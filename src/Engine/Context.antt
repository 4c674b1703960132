-- ===== src/Engine/Context.antt =====
-- The context of a run and its records (`createExecutionContext`, `recordTaskStart`,
-- `recordTaskComplete`, `recordTaskError`, source/services/Ultravisor-ExecutionManifest.cjs;
-- `mergeAndLift`, source/services/Ultravisor-OutputStore.cjs). Times, logs and the event log are left
-- out. A value is its number; 0 is every value that counts as false.
use ultravisor.Base.{Bool, true, false, Option, some, List, [], ◌∷◌, ◌++◌, if◌then◌else◌, or_else}
use ultravisor.Base.Dict.{Dict, lookup, insert, modify}
use ultravisor.Work.{Text}
use ultravisor.Status.{RunStatus, queued, in_progress, complete, error}
use ultravisor.Engine.Names.{Name, Labels}
use ultravisor.Engine.Graph.{Node, ConnectionMap, Event}

abbrev pub Output : Type 0
Output = Dict Text

-- Keys of a task's outputs.
abbrev pub stalled_key : Text
stalled_key = 1

abbrev pub beacon_error_key : Text
beacon_error_key = 2

abbrev pub error_key : Text
error_key = 3

abbrev pub force_errored_key : Text
force_errored_key = 4

abbrev pub input_value_key : Text
input_value_key = 5

abbrev pub yes : Text
yes = 1

pub record Waiting : Type 0 where
  pub output_address : Text
  -- Empty for the default, 'ValueInputComplete'.
  pub resume_event : Name

pub record Execution : Type 0 where
  pub trigger : Name
  pub outcome : RunStatus
  pub fired : Name

-- `node` is `none` for an error of the run itself.
pub record RunError : Type 0 where
  pub node : Option Text
  pub message : Text

-- Calls on the state manager (address, value, node) and on the coordinator, in their order.
pub data Call : Type 0 where
  set_address : Text → Text → Text → Call
  enqueue_work : Text → Call

pub record Context : Type 0 where
  pub operation : Text
  pub status : RunStatus
  pub live : Bool
  pub nodes : Dict Node
  pub labels : Labels
  pub connections : ConnectionMap
  pub pending : List Event
  pub waiting : Dict Waiting
  pub outputs : Dict Output
  pub manifests : Dict (List Execution)
  pub errors : List RunError
  pub calls : List Call

abbrev pub new_context : Text → Context
new_context operation = record {
  operation = operation;
  status = queued;
  live = true;
  nodes = [];
  labels = [];
  connections = record { event_sources = []; state_targets = [] };
  pending = [];
  waiting = [];
  outputs = [];
  manifests = [];
  errors = [];
  calls = [];
}

-- The fields of a result, each as it is stored (a large value as a reference to a file).
unfoldable pub merge_fields : (Text → Text → Text) → List (Text × Text) → Output → Output
merge_fields stored [] o = o
merge_fields stored ((k, v) ∷ fields) o = merge_fields stored fields (insert k (stored k v) o)

unfoldable pub merge_outputs : (Text → Text → Text) → Text → List (Text × Text) → Context → Context
unfolding merge_fields
merge_outputs stored h fields c = record c {
  outputs = insert h (merge_fields stored fields (or_else (lookup h c.outputs) [])) c.outputs;
}

abbrev pub set_output : Text → Text → Text → Context → Context
set_output h k v c = record c {
  outputs = insert h (insert k v (or_else (lookup h c.outputs) [])) c.outputs;
}

abbrev pub executions : Text → Context → List Execution
executions h c = or_else (lookup h c.manifests) []

unfoldable pub record_start : Text → Name → Context → Context
record_start h trigger c =
    let e : Execution = record { trigger = trigger; outcome = in_progress; fired = [] } in
    record c { manifests = insert h (executions h c ++ e ∷ []) c.manifests }

-- A change of the last execution.
unfoldable pub change_last : (Execution → Execution) → List Execution → List Execution
change_last f [] = []
change_last f (e ∷ []) = f e ∷ []
change_last f (e ∷ d ∷ es) = e ∷ change_last f (d ∷ es)

abbrev pub with_outcome : RunStatus → Execution → Execution
with_outcome s e = record e { outcome = s }

unfoldable pub record_complete : Text → Name → Context → Context
unfolding change_last
record_complete h fired c = record c {
  manifests =
      modify h (change_last (λ e. record e { outcome = complete; fired = fired })) c.manifests;
}

abbrev pub has_executions : Text → Context → Bool
has_executions h c = elim (executions h c) [ [] ↦ false | e ∷ es ↦ true ]

abbrev pub push_error : Option Text → Text → Context → Context
push_error node message c = record c {
  errors = c.errors ++ record { node = node; message = message } ∷ [];
}

unfoldable pub record_error : Text → Text → Context → Context
unfolding change_last
record_error h message c =
    if has_executions h c
    then push_error (some h) message
        (record c { manifests = modify h (change_last (with_outcome error)) c.manifests })
    else c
=====
- **What you need to do**: In the entries above, find each line that includes the string "Base" and copy it.

- **Result**:
use ultravisor.Base.{Bool, true, false, Option, some, List, [], ◌∷◌, ◌++◌, if◌then◌else◌, or_else}
use ultravisor.Base.Dict.{Dict, lookup, insert, modify}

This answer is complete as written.